Among the lines below, copy exactly those from the one with "(n i : ℕ) (t : HashTable)" through the one with "BucketsSaved-files_from (suc n)", counting both ends.
--- Information Enclosed Below ---
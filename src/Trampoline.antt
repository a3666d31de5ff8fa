-- ===== src/Trampoline.antt =====
-- pkg/trampoline/trampoline.go: the layout of the injected payload, and the encoding of the state
-- struct that stands behind its code.
pub mod Hooks
pub mod RoundTrip
pub mod Advancing
pub mod Installed
pub mod Reads
use epochd.Base.{
  ℕ, ◌+◌, ◌^◌, Option, none, some, List, [], ◌∷◌, ◌++◌, length, drop, ltb, if◌then◌else◌,
}
use epochd.Base.Int.{ℤ}
use epochd.Base.Word.{word_of, signed64, le_bytes, of_le_bytes}

abbrev pub state_offset : ℕ
state_offset = 436

abbrev pub clock_gettime_entry_offset : ℕ
clock_gettime_entry_offset = 0

abbrev pub gettimeofday_entry_offset : ℕ
gettimeofday_entry_offset = 141

abbrev pub time_entry_offset : ℕ
time_entry_offset = 306

-- The mask of advancing mode: interception is on.
abbrev pub mask_enabled : ℕ
mask_enabled = 1

-- The mask of freeze mode: interception and freezing are on.
abbrev pub mask_frozen : ℕ
mask_frozen = 3

abbrev pub state_size : ℕ
state_size = 32

-- EncodeState: two int64, a uint64, a uint32 and four bytes of padding.
unfoldable pub encode_state : ℤ → ℤ → ℕ → ℕ → List ℕ
encode_state offset_sec offset_nsec mask generation =
    le_bytes 8 (word_of offset_sec)
    ++ (le_bytes 8 (word_of offset_nsec)
        ++ (le_bytes 8 mask ++ (le_bytes 4 generation ++ le_bytes 4 0)))

-- The results of DecodeState.
pub record Decoded : Type 0 where
  pub offset_sec : ℤ
  pub offset_nsec : ℤ
  pub mask : ℕ
  pub generation : ℕ

-- DecodeState; `none` is its error, a buffer that is too short.
unfoldable pub decode_state : List ℕ → Option Decoded
decode_state b =
    if ltb (length b) state_size
    then none
    else some (record {
      offset_sec = signed64 (of_le_bytes 8 b);
      offset_nsec = signed64 (of_le_bytes 8 (drop 8 b));
      mask = of_le_bytes 8 (drop 16 b);
      generation = of_le_bytes 4 (drop 24 b);
    })
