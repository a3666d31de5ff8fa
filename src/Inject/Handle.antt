-- ===== src/Inject/Handle.antt =====
-- The handle of pkg/inject/inject.go: an active injection, and the update of its state struct by
-- process_vm_writev. The readings of time.Now are parameters.
pub mod Update
use epochd.Base.{ℕ, ◌+◌, ◌%◌, ◌^◌, Option, none, some, List}
use epochd.Base.Int.{ℤ, pos}
use epochd.Clock.{Time, sub, quot_second, rem_second, unix, nanosecond}
use epochd.Memory.{write}
use epochd.Procmem.{Env, Machine, Result, ok, err, Error, write_mem}
use epochd.Trampoline.{encode_state, mask_enabled, mask_frozen}

-- patchedHook: a vDSO entry that was overwritten, with its original five bytes.
pub record PatchedHook : Type 0 where
  pub addr : ℕ
  pub orig : List ℕ

pub record Handle : Type 0 where
  pub pid : ℕ
  pub state_addr : ℕ
  pub patched : List PatchedHook
  pub gen : ℕ

-- diffSecNsec
unfoldable pub diff_sec_nsec : Time → Time → ℤ × ℤ
diff_sec_nsec target base = let d = sub target base in (quot_second d, rem_second d)

-- ChildHandle: the same addresses in another process, with a counter of its own.
unfoldable pub child_handle : Handle → ℕ → Handle
child_handle parent child_pid = record {
  pid = child_pid;
  state_addr = parent.state_addr;
  patched = parent.patched;
  gen = 0;
}

-- What a method leaves behind: the handle, its error and the machine.
pub record Updated : Type 0 where
  pub handle : Handle
  pub result : Result Unit
  pub machine : Machine

abbrev settle : Handle → Handle → Result Unit × Machine → Updated
settle h bumped (ok _, s) = record { handle = bumped; result = ok tt; machine = s }
settle h bumped (err e, s) = record { handle = h; result = err e; machine = s }

-- h.gen++ on a uint32
abbrev pub next_gen : ℕ → ℕ
next_gen gen = (gen + 1) % 2 ^ 32

-- writeState: after a failed write the counter is taken back.
unfoldable pub write_state : Env → Handle → ℤ → ℤ → ℕ → Machine → Updated
write_state env h sec nsec mask s =
    let bumped = record h { gen = next_gen h.gen } in
    settle h bumped (write_mem env h.state_addr (encode_state sec nsec mask bumped.gen) s)

-- SetTime
unfoldable pub set_time : Env → Handle → Time → Time → Machine → Updated
unfolding diff_sec_nsec write_state
set_time env h now target s =
    let (sec, nsec) = diff_sec_nsec target now in write_state env h sec nsec mask_enabled s

-- Freeze
unfoldable pub freeze : Env → Handle → Time → Machine → Updated
unfolding write_state
freeze env h target s = write_state env h (unix target) (pos (nanosecond target)) mask_frozen s
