-- ===== src/NameServer/Reload.antt =====
-- What the name server knows after it has been ended and started again.
use mathlib.Core.List.{map}
use distributed_concurrent_f.Prelude.{
  ℕ, zero, suc, ◌+◌, ◌<◌, true, false, ◌&&◌, List, [], ◌∷◌, ◌++◌, ◌≡◌, ◌≢◌, ◌∙◌, refl, arith,
  Option, none, some, Option-cases, Bool-cases, inl, inr, Bytes, ℤ, str_eq_iff, ◌==◌, ltb, leb, All,
  if◌then◌else◌,
}
use distributed_concurrent_f.HashTable.{HashTable, ht_size, hash_function, ht_get, ht_insert}
use distributed_concurrent_f.HashTable.Chain.{FileMetadata, chain_find, has_file, is_unique}
use distributed_concurrent_f.HashTable.Laws.{IsTable, get-insert}
use distributed_concurrent_f.Persistence.{file_line, file_lines}
use distributed_concurrent_f.Persistence.Line.{IsSaved}
use distributed_concurrent_f.Persistence.Survives.{survives, survives_name, load_line-survives}
use distributed_concurrent_f.NameServer.{NameServer, files_from, all_files}
use distributed_concurrent_f.NameServer.Restart.{load_file, load_files}

-- The files whose lines are read back.
unfoldable pub survivors : ℤ → List FileMetadata → List FileMetadata
survivors now [] = []
survivors now (m ∷ l) = elim (survives now m) [
  | none ↦ survivors now l
  | some k ↦ k ∷ survivors now l
]

find-survivors-none :
    (now : ℤ) (q : Bytes) (l : List FileMetadata)
    → has_file q l ≡ false
    → chain_find q (survivors now l) ≡ none
unfolding survivors has_file chain_find
find-survivors-none now q [] h = refl
find-survivors-none now q (m ∷ l) h = elim (Option-cases (survives now m)) [
  | inl e ↦ ground (arith, e, find-survivors-none now q l)
  | inr (k, e) ↦ ground (arith, e, find-survivors-none now q l, survives_name now m k e)
]

abbrev pub kept : ℤ → Option FileMetadata → Option FileMetadata
kept now none = none
kept now (some m) = survives now m

-- In a chain with no name twice, what is left of a file does not hang on the others.
find-survivors :
    (now : ℤ) (q : Bytes) (l : List FileMetadata)
    → is_unique l ≡ true
    → chain_find q (survivors now l) ≡ kept now (chain_find q l)
unfolding survivors is_unique chain_find
find-survivors now q [] u = refl
find-survivors now q (m ∷ l) u = elim (Option-cases (survives now m)) [
  | inl e ↦ ground (
    arith,
    e,
    find-survivors now q l,
    find-survivors-none now m.filename l,
    str_eq_iff m.filename q,
  )
  | inr (k, e) ↦ ground (arith, e, find-survivors now q l, survives_name now m k e)
]

survivors-append :
    (now : ℤ) (l k : List FileMetadata)
    → survivors now (l ++ k) ≡ survivors now l ++ survivors now k
unfolding survivors
survivors-append now [] k = refl
survivors-append now (m ∷ l) k = elim (Option-cases (survives now m)) [
  | inl e ↦ ground (arith, e, survivors-append now l k)
  | inr (n, e) ↦ ground (arith, e, survivors-append now l k)
]

-- The first of two results.
abbrev pub first : Option FileMetadata → Option FileMetadata → Option FileMetadata
first none b = b
first (some m) b = some m

find-append :
    (q : Bytes) (l k : List FileMetadata)
    → chain_find q (l ++ k) ≡ first (chain_find q l) (chain_find q k)
unfolding chain_find
find-append q [] k = refl
find-append q (m ∷ l) k = ground (arith, find-append q l k)

-- A name that hashes elsewhere is not in the chain.
find-elsewhere :
    (now : ℤ) (t : HashTable) (q : Bytes) (i : ℕ)
    → IsTable t
    → hash_function q ≢ i
    → chain_find q (survivors now (t i)) ≡ none
find-elsewhere now t q i v ne = elim (Bool-cases (has_file q (t i))) [
  | inl here ↦ absurd (ne (v.placed i q here))
  | inr out ↦ find-survivors-none now q (t i) out
]

find-files_from :
    (now : ℤ) (t : HashTable) (q : Bytes) (n i : ℕ)
    → IsTable t
    → chain_find q (survivors now (files_from n i t)) ≡ (
        if leb i (hash_function q) && ltb (hash_function q) (i + n)
        then kept now (ht_get t q)
        else none)
unfolding files_from ht_get
find-files_from now t q zero i v = unfold survivors chain_find in ground arith
find-files_from now t q (suc n) i v =
    let rest = find-files_from now t q n (i + 1) v in
    rw (survivors-append, find-append)
      (elim (Bool-cases (hash_function q == i)) [
        | inl here ↦
            let e : hash_function q ≡ i = ground arith in
            ground (arith, rest, e, find-survivors now q (t i) (v.unique i))
        | inr elsewhere ↦ ground (arith, rest, find-elsewhere now t q i v (ground arith))
      ])

pub hash_lt : (q : Bytes) → hash_function q < ht_size
unfolding hash_function
hash_lt q = omega arith

-- Among all files of the table the one that is found is that of its bucket.
pub find-all_files :
    (now : ℤ) (t : HashTable) (q : Bytes)
    → IsTable t
    → chain_find q (survivors now (all_files t)) ≡ kept now (ht_get t q)
unfolding all_files
find-all_files now t q v = find-files_from now t q ht_size 0 v ∙ ground (arith, hash_lt q)

abbrev pub ended : List FileMetadata → List Bytes
ended l = map (λ w. w ++ 10 ∷ []) (file_lines l)

abbrev line_of : FileMetadata → Bytes
line_of m = file_line m ++ 10 ∷ []

-- Every line in turn: a name that the table has keeps its entry.
pub get-load_files :
    (now : ℤ) (nm : NameServer) (l : List FileMetadata) (q : Bytes)
    → All IsSaved l
    → ht_get (load_files now nm (ended l)).file_table q
      ≡ first (ht_get nm.file_table q) (chain_find q (survivors now l))
unfolding load_files survivors file_lines chain_find
get-load_files now nm [] q h = ground (arith)
get-load_files now nm (m ∷ l) q h =
    let nm' = load_file now nm (line_of m) in
    get-load_files now nm' l q h.1 ∙ elim (Option-cases (survives now m)) [
      | inl e ↦
          let same : nm' ≡ nm = rw (load_line-survives now m h.0, e, load_file) refl in
          ground (arith, e, same)
      | inr (k, e) ↦
          let same : nm'.file_table ≡ (ht_insert nm.file_table k).1 =
            rw (load_line-survives now m h.0, e, load_file) refl in
          ground (
            arith,
            e,
            same,
            get-insert nm.file_table k q,
            str_eq_iff q k.filename,
            str_eq_iff k.filename q,
          )
    ]
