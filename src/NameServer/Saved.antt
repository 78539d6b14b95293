-- ===== src/NameServer/Saved.antt =====
-- The files of a table that name_server/persistence.c can save, and the rights to them.
use distributed_concurrent_f.Prelude.{
  ℕ, ◌≤◌, List, [], ◌∷◌, ◌≡◌, refl, arith, some, Option-cases, Bool-cases, inl, inr, Bytes, ℤ,
  str_eq, str_eq_iff, ◌==◌, zero, suc, ◌+◌, ◌<◌, All, All-append, All-append_left, All-append_right,
  if◌then◌else◌,
}
use distributed_concurrent_f.CString.Lines.{IsLine}
use distributed_concurrent_f.AccessList.{add_access, get_access}
use distributed_concurrent_f.AccessList.Laws.{no_user, get-add_access}
use distributed_concurrent_f.HashTable.{HashTable, ht_size, hash_function, ht_get, ht_insert}
use distributed_concurrent_f.HashTable.Chain.{FileMetadata, chain_find}
use distributed_concurrent_f.Persistence.{file_lines}
use distributed_concurrent_f.Persistence.Entry.{get-add_all}
use distributed_concurrent_f.Persistence.Line.{IsSaved, reloaded, file_line-IsLine}
use distributed_concurrent_f.NameServer.{files_from, all_files, check_access}
use distributed_concurrent_f.NameServer.Reload.{hash_lt}

-- Every bucket of the table holds only files that can be saved.
abbrev pub BucketsSaved : HashTable → Type 0
BucketsSaved t = (j : ℕ) → All IsSaved (t j)

pub insert-BucketsSaved :
    (t : HashTable) (m : FileMetadata) → BucketsSaved t → IsSaved m → BucketsSaved (ht_insert t m).1
unfolding ht_insert
insert-BucketsSaved t m h s j =
    elim (Option-cases (chain_find m.filename (t (hash_function m.filename)))) [
      | inl e ↦ elim (Bool-cases (j == hash_function m.filename)) [
        | inl here ↦ rw (ht_insert, e, here) (s, h (hash_function m.filename))
        | inr there ↦ rw (ht_insert, e, there) (h j)
      ]
      | inr (k, e) ↦ rw (ht_insert, e) (h j)
    ]

pub BucketsSaved-files_from :
    (n i : ℕ) (t : HashTable) → BucketsSaved t → All IsSaved (files_from n i t)
unfolding files_from
BucketsSaved-files_from zero i t h = tt
BucketsSaved-files_from (suc n) i t h =
    All-append IsSaved (t i) (files_from n (i + 1) t) (h i) (BucketsSaved-files_from n (i + 1) t h)

pub BucketsSaved-all_files : (t : HashTable) → BucketsSaved t → All IsSaved (all_files t)
unfolding all_files
BucketsSaved-all_files t h = BucketsSaved-files_from ht_size 0 t h

pub lines-IsLine : (l : List FileMetadata) → All IsSaved l → All IsLine (file_lines l)
unfolding file_lines
lines-IsLine [] h = tt
lines-IsLine (m ∷ l) h = (file_line-IsLine m h.0, lines-IsLine l h.1)

-- The owner is let in by name, and all others have the permission that was saved.
pub check-reloaded :
    (now : ℤ) (m : FileMetadata) (user : Bytes) (wanted : ℕ)
    → IsSaved m
    → check_access (reloaded now m) user wanted ≡ check_access m user wanted
unfolding check_access
check-reloaded now m user wanted s =
    let first_entry : get_access (add_access [] m.owner b'W') user
        ≡ (if str_eq user m.owner then b'W' else get_access [] user) =
      get-add_access [] m.owner user b'W' s.owner.2 in
    let unlisted : get_access [] user ≡ 0 = unfold get_access in refl in
    ground (
      arith,
      get-add_all (add_access [] m.owner b'W') m.access_list user s.entries s.unique,
      first_entry,
      unlisted,
      no_user m.access_list user,
      str_eq_iff user m.owner,
      str_eq_iff m.owner user,
    )

All-find :
    (q : Bytes) (l : List FileMetadata) (m : FileMetadata)
    → All IsSaved l
    → chain_find q l ≡ some m
    → IsSaved m
unfolding chain_find
All-find q [] m h e = cc
All-find q (n ∷ l) m h e = elim (Bool-cases (str_eq n.filename q)) [
  | inl here ↦ let same : n ≡ m = ground (arith, here, e) in rw (← same) h.0
  | inr more ↦ All-find q l m h.1 (ground (arith, more, e))
]

All-bucket :
    (n i j : ℕ) (t : HashTable)
    → All IsSaved (files_from n i t)
    → i ≤ j
    → j < i + n
    → All IsSaved (t j)
unfolding files_from
All-bucket zero i j t h low high = absurd (omega arith)
All-bucket (suc n) i j t h low high = elim (Bool-cases (i == j)) [
  | inl here ↦
      let e : i ≡ j = ground arith in
      rw (← e) (All-append_left IsSaved (t i) (files_from n (i + 1) t) h)
  | inr later ↦
      All-bucket n (i + 1) j t (All-append_right IsSaved (t i) (files_from n (i + 1) t) h)
        (ground arith) (omega arith)
]

-- A file of the table is among those that are saved.
pub found-IsSaved :
    (t : HashTable) (q : Bytes) (m : FileMetadata)
    → All IsSaved (all_files t)
    → ht_get t q ≡ some m
    → IsSaved m
unfolding ht_get all_files
found-IsSaved t q m h e =
    All-find q (t (hash_function q)) m
      (All-bucket ht_size 0 (hash_function q) t h (omega arith) (omega (arith, hash_lt q))) e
--- End of Enclosed Information ---
* **Result below**
    (n i : ℕ) (t : HashTable) → BucketsSaved t → All IsSaved (files_from n i t)
unfolding files_from
BucketsSaved-files_from zero i t h = tt
BucketsSaved-files_from (suc n) i t h =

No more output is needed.